WENR

WENR, October 2007: Middle East

Iran

University Extends Invitation to Bush

An Iranian university invited US President George W. Bush to talk on campus, a week after his Iranian counterpart Mahmoud Ahmadinejad was given a frosty reception at New York’s Columbia University [1].

The head of Ferdowsi University [2] in Iran’s second city of Mashhad, one of the oldest universities in the country, said Mr. Bush should visit to answer questions from students and lecturers on human rights and terrorism, according to the government daily Iran. Ahmadinejad had said after his return from the United States, where he also gave a speech to the United Nations, that Bush would be allowed to give a speech at an Iranian university if he so wished. However, given the current hostility between the two arch enemies over Iran’s nuclear drive and alleged support for militants in Iraq, there appears little chance of such a visit taking place.

Agence France Presse [3]
October 2, 2007

Iraq

Aid Announced for Creation of International University of Iraq

Beginning in August 2008, a project to help rebuild and renew higher education in Iraq, entitled International University of Iraq (IUI), will begin operations. Initiated with a start-up grant from the Social Science Research, Council of Canada along with intellectual guidance from the Public Lending Rights Commission of the Canadian Council of the Arts and pro-bono legal advice from several top Canadian law firms, IUI is a non-profit, non-sectarian, wholly private independent international university committed to critical, inquiry-based learning and research and the restoration of severely disrupted Iraqi connections to the international academic community.

After years of international sanctions, neglect by the Saddam Hussein regime, and occupation and war, a formerly world-class higher educational and cultural infrastructure has been all but decimated. As a result, thousands of Iraqi students and faculty are without means for engaging in formal research, teaching, and learning.

IUI was envisaged during a 2003 academic conference in North Cyprus at the International Center for Contemporary Middle Eastern Studies, Eastern Mediterranean University [4]. The general idea reached by conference attendees was to establish an independent educational entity that would not only help restore higher education in Iraq by reconnecting Iraqi faculty and students to the international academic community, but would also demonstrate a new model of non-profit, private education that could stimulate regional educational reform in the Arab and Muslim world. The initiative has now received a start-up grant from the Canadian government and a 25-acre land-grant from the University of Baghdad, conceived as the eventual site of the IUI central campus.

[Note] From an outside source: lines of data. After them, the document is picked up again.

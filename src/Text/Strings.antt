-- ===== src/Text/Strings.antt =====
-- strings.Index and LastIndex of one byte with the slices around it, TrimPrefix and TrimSuffix.
use simplex_go.Base.{
  ℕ, zero, suc, ◌+◌, ◌-◌, ◌≡◌, refl, sym, ap, ap₂, ◌∙◌, subst, ◌≢◌, inl, inr, false, Option, none,
  some, List, [], ◌∷◌, ◌++◌, arith, ◌==◌, if◌then◌else◌, ==_iff, ==_self, Bool-cases, Option-cases,
  length, take, drop, All, take-append-drop, Bytes, bytes_eq, has_prefix, index_byte, bytes_eq_iff,
  All-append_right,
}

-- m, and then f on its value; an error of m is the result.
infixl 5 ◌>>?◌
abbrev pub ◌>>?◌ {ℓ κ} : {A : Type ℓ} {B : Type κ} → Option A → (A → Option B) → Option B
none >>? f = none
some a >>? f = f a

pub >>?-eq-some {ℓ κ} :
    {A : Type ℓ} {B : Type κ} (m : Option A) (f : A → Option B) {b : B}
    → (m >>? f) ≡ some b
    → (a : A) × (m ≡ some a) × (f a ≡ some b)
>>?-eq-some none f h = cc
>>?-eq-some (some a) f h = (a, refl, h)

pub some-injective {ℓ} : {A : Type ℓ} {a b : A} → some a ≡ some b → a ≡ b
some-injective e = cc

-- i := strings.Index(s, c); s[:i] and s[i+1:], where i is not -1.
unfoldable pub cut : ℕ → Bytes → Option (Bytes × Bytes)
cut c s = index_byte s c >>? λ i. some (take i s, drop (i + 1) s)

-- strings.LastIndex of one byte, `none` for -1.
unfoldable pub last_index : Bytes → ℕ → Option ℕ
last_index [] c = none
last_index (x ∷ xs) c = elim (last_index xs c) [
  | some i ↦ some (suc i)
  | none ↦ if x == c then some 0 else none
]

unfoldable pub cut_last : ℕ → Bytes → Option (Bytes × Bytes)
cut_last c s = last_index s c >>? λ i. some (take i s, drop (i + 1) s)

unfoldable pub trim_prefix : Bytes → Bytes → Bytes
trim_prefix s p = if has_prefix s p then drop (length p) s else s

-- strings.TrimSuffix(s, "c")
unfoldable pub trim_suffix : Bytes → ℕ → Bytes
trim_suffix s c = if bytes_eq (drop (length s - 1) s) (c ∷ []) then take (length s - 1) s else s

-- The byte does not stand in the text.
abbrev pub Lacks : ℕ → Bytes → Type 0
Lacks c = All (λ b. b ≢ c)

pub index_byte-lacking : (c : ℕ) (xs : Bytes) → Lacks c xs → index_byte xs c ≡ none
unfolding index_byte
index_byte-lacking c [] h = refl
index_byte-lacking c (x ∷ xs) h = ground (arith, index_byte-lacking c xs h.1)

pub ne_test : (a b : ℕ) → a ≢ b → (a == b) ≡ false
ne_test a b h = ground arith

index_byte-absent :
    (c : ℕ) (xs ys : Bytes) → Lacks c xs → index_byte (xs ++ (c ∷ ys)) c ≡ some (length xs)
unfolding index_byte
index_byte-absent c [] ys h = rw (==_self c)
index_byte-absent c (x ∷ xs) ys h = ground (arith, index_byte-absent c xs ys h.1)

take-drop_at :
    (c : ℕ) (xs ys : Bytes)
    → (take (length xs) (xs ++ (c ∷ ys)) ≡ xs) × (drop (length xs + 1) (xs ++ (c ∷ ys)) ≡ ys)
take-drop_at c [] ys = (refl, refl)
take-drop_at c (x ∷ xs) ys =
    let (p, q) = take-drop_at c xs ys in
    let n : suc (length xs) + 1 ≡ suc (length xs + 1) = omega arith in (ap (◌∷◌ x) p, rw n q)

pub cut-append : (c : ℕ) (xs ys : Bytes) → Lacks c xs → cut c (xs ++ (c ∷ ys)) ≡ some (xs, ys)
unfolding cut
cut-append c xs ys h = let (p, q) = take-drop_at c xs ys in rw (index_byte-absent c xs ys h, p, q)

last_index-absent : (c : ℕ) (ys : Bytes) → Lacks c ys → last_index ys c ≡ none
unfolding last_index
last_index-absent c [] h = refl
last_index-absent c (y ∷ ys) h = rw (last_index-absent c ys h.1, last_index) (ground arith)

last_index-append :
    (c : ℕ) (xs ys : Bytes) → Lacks c ys → last_index (xs ++ (c ∷ ys)) c ≡ some (length xs)
unfolding last_index
last_index-append c [] ys h = rw (last_index-absent c ys h, last_index) (rw (==_self c))
last_index-append c (x ∷ xs) ys h = rw (last_index-append c xs ys h, last_index)

pub cut_last-append :
    (c : ℕ) (xs ys : Bytes) → Lacks c ys → cut_last c (xs ++ (c ∷ ys)) ≡ some (xs, ys)
unfolding cut_last
cut_last-append c xs ys h =
    let (p, q) = take-drop_at c xs ys in rw (last_index-append c xs ys h, p, q)

-- What was cut off lies around the byte, and the byte does not stand before it.
index_byte-found :
    (c : ℕ) (s : Bytes) (i : ℕ)
    → index_byte s c ≡ some i
    → (s ≡ take i s ++ (c ∷ drop (i + 1) s)) × Lacks c (take i s)
unfolding index_byte
index_byte-found c [] i h = cc
index_byte-found c (x ∷ xs) i h = elim (Bool-cases (x == c)) [
  | inl same ↦
      let zero_at : 0 ≡ i = some-injective (rw same at h) in
      let here : x ≡ c = (==_iff x c).0 same in
      subst
        (λ k. (x ∷ xs ≡ take k (x ∷ xs) ++ (c ∷ drop (k + 1) (x ∷ xs))) × Lacks c (take k (x ∷ xs)))
        zero_at (ap (λ b. b ∷ xs) here, tt)
  | inr new ↦ elim (Option-cases (index_byte xs c)) [
    | inl missing ↦ cc (rw (new, missing) at h)
    | inr (j, found) ↦
        let next : suc j ≡ i = some-injective (rw (new, found) at h) in
        let (p, q) = index_byte-found c xs j found in
        let n : suc j + 1 ≡ suc (j + 1) = omega arith in
        let differ : x ≢ c = λ e. cc (new, (==_iff x c).1 e) in
        subst
          (λ k.
            (x ∷ xs ≡ take k (x ∷ xs) ++ (c ∷ drop (k + 1) (x ∷ xs))) × Lacks c (take k (x ∷ xs)))
          next (rw n (ap (◌∷◌ x) p), (differ, q))
  ]
]

pub cut-eq-some :
    (c : ℕ) (s xs ys : Bytes) → cut c s ≡ some (xs, ys) → (s ≡ xs ++ (c ∷ ys)) × Lacks c xs
unfolding cut
cut-eq-some c s xs ys h =
    let (i, found, e) = >>?-eq-some (index_byte s c) _ h in
    let parts = some-injective e in
    let (p, q) = index_byte-found c s i found in
    let first : take i s ≡ xs = ap (λ (r : Bytes × Bytes). r.0) parts in
    let second : drop (i + 1) s ≡ ys = ap (λ (r : Bytes × Bytes). r.1) parts in
    (p ∙ ap₂ (λ (a b : Bytes). a ++ (c ∷ b)) first second, subst (Lacks c) first q)

-- What is no suffix is not cut off.
pub trim_suffix-absent : (c : ℕ) (s : Bytes) → Lacks c s → trim_suffix s c ≡ s
unfolding trim_suffix
trim_suffix-absent c s h = elim (Bool-cases (bytes_eq (drop (length s - 1) s) (c ∷ []))) [
  | inr differs ↦ rw differs
  | inl ends ↦
      let e = (bytes_eq_iff (drop (length s - 1) s) (c ∷ [])).0 ends in
      let lacks : Lacks c (drop (length s - 1) s) =
        All-append_right (λ b. b ≢ c) (take (length s - 1) s) _
          (subst (Lacks c) (sym (take-append-drop (length s - 1) s)) h) in
      let last : Lacks c (c ∷ []) = subst (Lacks c) e lacks in absurd (last.0 refl)
]

module _ {ℓ κ} {A : Type ℓ} (P : A → Type κ) where
  pub All-take : (n : ℕ) (xs : List A) → All P xs → All P (take n xs)
  All-take zero xs h = tt
  All-take (suc n) [] h = tt
  All-take (suc n) (x ∷ xs) h = (h.0, All-take n xs h.1)

  pub All-drop : (n : ℕ) (xs : List A) → All P xs → All P (drop n xs)
  All-drop zero xs h = h
  All-drop (suc n) [] h = tt
  All-drop (suc n) (x ∷ xs) h = All-drop n xs h.1

-- The text before the last c is a part of the whole.
pub All-cut_last :
    (P : ℕ → Type 0) (c : ℕ) (s xs ys : Bytes) → cut_last c s ≡ some (xs, ys) → All P s → All P xs
unfolding cut_last
All-cut_last P c s xs ys h all =
    let (i, found, e) = >>?-eq-some (last_index s c) _ h in
    let first : take i s ≡ xs = ap (λ (r : Bytes × Bytes). r.0) (some-injective e) in
    subst (All P) first (All-take P i s all)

Due to the current state of hostilities in the country, an interim site will be established at Kalamoon University [5] in Deir Ateyah, Syria, which is prepared to host up to 20 Iraqi graduate students and some undergraduates next September, many of whom are refugees residing temporarily in Syria.  Implementation of IUI at the University of Petra [6] in Amman, Jordan is also under serious negotiation, as is a program for the Connecticut State University System [7], which is being asked to consider hosting at least two Iraqi students at each of its four, state-wide campuses.

Iraqi students enrolled in IUI will receive tuition, housing, and food from their host universities. In turn, IUI’s parent organization, Global Partnership for the International University of Iraq, will reciprocate by making available to host universities a variety of educational resources, including guest lectures, seminars, and large-scale conferences in which prominent figures associated with IUI will participate.

Arabisto [8]
September 18, 2007

UNICEF: Return to School is “Remarkable Achievement”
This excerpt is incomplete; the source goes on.